We can adjust the RSA Hash Accumulator to store a matrix of values. This way we can store more values using less primes.
The idea behind the accumulator is that every hashed value is multiplied with every prime except one. To proof a value is in the accumulator we can group all other values together, because they are all multiplied by the same prime that is missing from the value we like to proof.
To store a matrix instead of a vector, we will multiply all hashed values with every prime except two, this way we can store n*m values using only n+m primes. The downside of this approach is that we need two 2048 bit witnesses to proof inclusion of one value.
Hash accumulator for a mxn matrix
Let x_{i,j} be the values of the matrix we like to store.
Let p_{1},..,p_{n} and q_{1},..,q_{m} be the n+m distinct large primes.
We define P_S and Q_S to be the product of all their respective primes not contained in the set S (not g raised to the power as above)

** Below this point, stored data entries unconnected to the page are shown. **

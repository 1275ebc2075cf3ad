-- ===== src/Lib.antt =====
-- A verification library for sassrv, the SASS/RV messaging middleware.
--
-- The program is an RV daemon and client library. It has these parts: the receiver of reliable
-- multicast packets (src/mc.cpp), the fault-tolerant group (src/ft.cpp), the daemon's host and
-- network start-up (src/rv_host.cpp), the monitor of hosts, sessions and subscriptions
-- (src/submgr.cpp), the protocol state machines of the daemon's connections (src/ev_rv.cpp) and of
-- the client (src/ev_rv_client.cpp), and the RV5 and RV7 programming interfaces (src/rv5_api.cpp,
-- src/rv7_api.cpp, src/rv7_msg.cpp, src/rv7_ft.cpp).
--
-- What is modelled, and where. Names are the source's, in this library's spelling.
--   Trdp/Header   TrdpHdr and copy_in of src/mc.cpp and include/sassrv/mc.h.
--   Trdp/Window   TrdpWindow and merge: insert is the scan for a packet's place, group the scan
--                 over the fragments of a message, drain_round the body of the loop that takes
--                 messages, drain_test its condition, and merge the whole function.
--   Trdp/Output   output, which cuts the payloads of a source into messages, and recv_msg.
--   Trdp/Db       TrdpWindowDB: get_window, process_msg and the totals lost_seqno, repeat_seqno,
--                 reorder_seqno and nak_count.
--   Ft/Peer       FtPeer, FtPeerMsg and FtStateCount of src/ft.cpp and include/sassrv/ft.h: the rank
--                 of two peers, the latency of one, and the counts by state.
--   Ft/Pool       FtPeerFree: which slots of its blocks are in use.
--   Ft/Queue      FtQueue: insert, remove, update, reorder (sift and number are its two loops),
--                 get_pos and in_order2, on a heap of peers that its entries point to.
--   Ft/Group      RvFt: its timers, messages and intervals (start_hb), the changes of state
--                 (set_state and prepare_takeover, in Turn) and the operations that its owner, its
--                 timers and the network call (Run). finish, activate and deactivate are named
--                 leave_group, activate_group and deactivate_group there.
--   Host/Session  utime_to_str and make_session of src/rv_host.cpp, and ip4_hex_string.
--   Host/Refs     add_ref and rem_ref of src/rv_host.cpp.
--   Host/Services RvHostNet of include/sassrv/rv_host.h, get_service and start_service of
--                 src/rv_host.cpp.
--   Host/Clients  the clients of an RvHost and its network: start_host2, start_host, stop_network and
--                 stop_host of src/rv_host.cpp, as called for the clients by src/ev_rv.cpp.
--   Host/Mcast    RvMcast: parse_network of src/rv_host.cpp with its lookups, and (Host/Mcast/Split) the
--                 parts of a network string.
--   Monitor/Wildcard  match_rv_wildcard and is_rv_wildcard of include/sassrv/ev_rv_client.h.
--   Monitor/Ids       match_rv_info, the identifiers of hosts and clients in the names of sessions,
--                     and inbox_session_len, of src/submgr.cpp.
--   Monitor/Entry     RvSubscription, RvSessionEntry and RvHostEntry of include/sassrv/submgr.h; their
--                     start and stop are named start_session, stop_host_entry and so on.
--   Monitor/Db        the state of RvSubscriptionDB, the searches of its tables, host_digest and, in
--                     Hosts, host_ref and host_start.
--   Monitor/Sessions  unsub_session, unsub_host, host_stop and the starts and stops of sessions.
--   Monitor/Listen    listen_ref, listen_stop, snapshot and tic; Marks has what a query's reply
--                     marks and stops.
--   Monitor/Events    process_events, the queries it sends, and gc.
--   Monitor/Filters   the wildcards of the monitor and what it subscribes to.
--   Monitor/Sass3     the references of processes: sass3, the subjects of a _SASS. message, and their
--                     end in process_events.
--   Monitor/Process   process_pub2: process_kind is the switch on the kind of an advisory,
--                     process_inbox the replies to queries.
--   Monitor/Counting  the proofs that the tables stay valid: Tables and Names on the tables alone,
--                     Steps and Moves on one change of them, and the others on the calls.
--   Base          tests, lists and words shared by all, the rule for do-while loops, and
--                 (Base/Wire) what is taken from raimd and raikv.
--
-- Numbers are natural numbers; where the source computes in a word of w bits the model writes the
-- wrap-around out. A difference of sequence numbers is kept as the bit pattern of the int32_t. A
-- call that reads a datagram or loops has a result of type Outcome: done, overread for a read past
-- the end of the datagram, or unfinished where the fuel ran out. Loops take fuel; the theorems on
-- termination say how much is enough (the number of queued packets, or of messages in a packet)
-- and at which inputs no fuel is enough.
--
-- An address is a number, and that of a group's own peer `me` is 0. The calls that RvFt makes of the
-- listener, the client and the timer queue are a list of effects in its state, in the order in
-- which they are made. set_state and prepare_takeover call each other: set_state_in counts the
-- calls that may stand inside each other, and set_state is given three. Their result none also
-- stands for a read past the end of the queue. The read of
-- get_pos and in_order2 at a peer's position is such a read too where the position is past the end:
-- in_array says whether it is, and set_state has the result none there; the queue's own functions
-- give a value of no meaning.
--
-- The tables of the monitor are lists of their entries in the order in which they are visited, and
-- the hash tables of identifiers association lists (Base/Dict). A session is referred to by its name,
-- a host by its index and a subject by its identifier. A call has a result of type Result: returned,
-- null_read and overrun where it would read or write outside its memory, and stuck where it has
-- not returned after all its rounds; the rounds of stop_marked_subscriptions and stop_marked_sessions
-- are counted by fuel, and those of host_ref's loop by the number rounds of Env, which may be any
-- number above 0, since one round is the last or none is. The debug output is left out.
-- What the field readers of raimd find in a message is a record, Fields, or a list of ReplyField.
-- A message is one of the type Message: without bytes, not to be unpacked, or its Content. An entry of
-- the references of _SASS. messages that is freed with its message is not put into their list.
-- Env of Monitor/Db has kv_hash_uint, kv_crc_c and string_to_uint64 of raikv, the QF_ flags of raimd
-- and the monitor's client.
--
-- Parameters. get_u16<MD_BIG> and get_u32<MD_BIG> of raimd are a Decoder, and the hash tables of
-- raikv a HashTab, each with the laws that the code relies on; Base/Wire has instances that meet
-- them. A window that ArrayCount::push hands out is the argument blank. The linked lists and
-- counted arrays of raikv are read as the sequences of their elements. Env has what RvFt takes from
-- raikv and the client: the index of peers, the names of inboxes and MAX_TIMER_RANGE. Hex is
-- hexchar2 of raikv. The first loop of utime_to_str shifts by up to 64 bits for times of 2^60
-- microseconds or more, which C++ does not define; the model stops at 16 digits there.
--
-- System of Host/Mcast is what the operating system and the resolver answer about addresses. An
-- address there is the number that ntohl gives, and a byte above 127 is no space.
--
-- Not modelled: sockets, timers' threads, printing, and memory allocation, which are I/O of the
-- event loop; the programming interfaces of RV5 and RV7, which wrap a vendor's calls; the test
-- programs. Of src/ft.cpp: process_pub, which unpacks a message, release, and all printing.
-- Of src/submgr.cpp: make_sync and update_sync, and release.
pub mod Base
pub mod Trdp
pub mod Ft
pub mod Host
pub mod Monitor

P_S = \prod\limits_{\substack{k=1,k\not\in S}}^n p_{k}
Q_S = \prod\limits_{\substack{k=1,k\not\in S}}^m q_{k}
The accumulator A = g^{\sum\limits_{k=1}^m \sum\limits_{l=1}^n Q_{k}P_{l}\textit{h}(x_{k,l})} \mod N
To proof x_{i,j} is stored in spot i,j, we need two witnesses:
W_p = g^{\sum\limits_{l=1,l \neq j}^n Q_{i}P_{l,j}\textit{h}(x_{i,l})} \mod N
W_q = g^{\sum\limits_{k=1,k\neq i}^m \sum\limits_{l=1}^n Q_{k,i}P_{l}\textit{h}(x_{k,l})} \mod N
The verifier has to check: g^{Q_iP_j{\textit{h}(x_{i,j})}} W_q^{q_i}W_p^{p_j} \equiv A \mod N
If we select a set of columns and a set of rows we can proof in a similar manner, all values that are both in the row set as in the column set, using just two 2048 bit witnesses.
If we like, this can be extended to store n-dimensional matrices.
Edit: adding a small example to make it less abstract
A small example for a 2x3 matrix
We are using three p primes p_1, p_2 and p_3 for the columns and two q primes q_1 and q_2 for the rows.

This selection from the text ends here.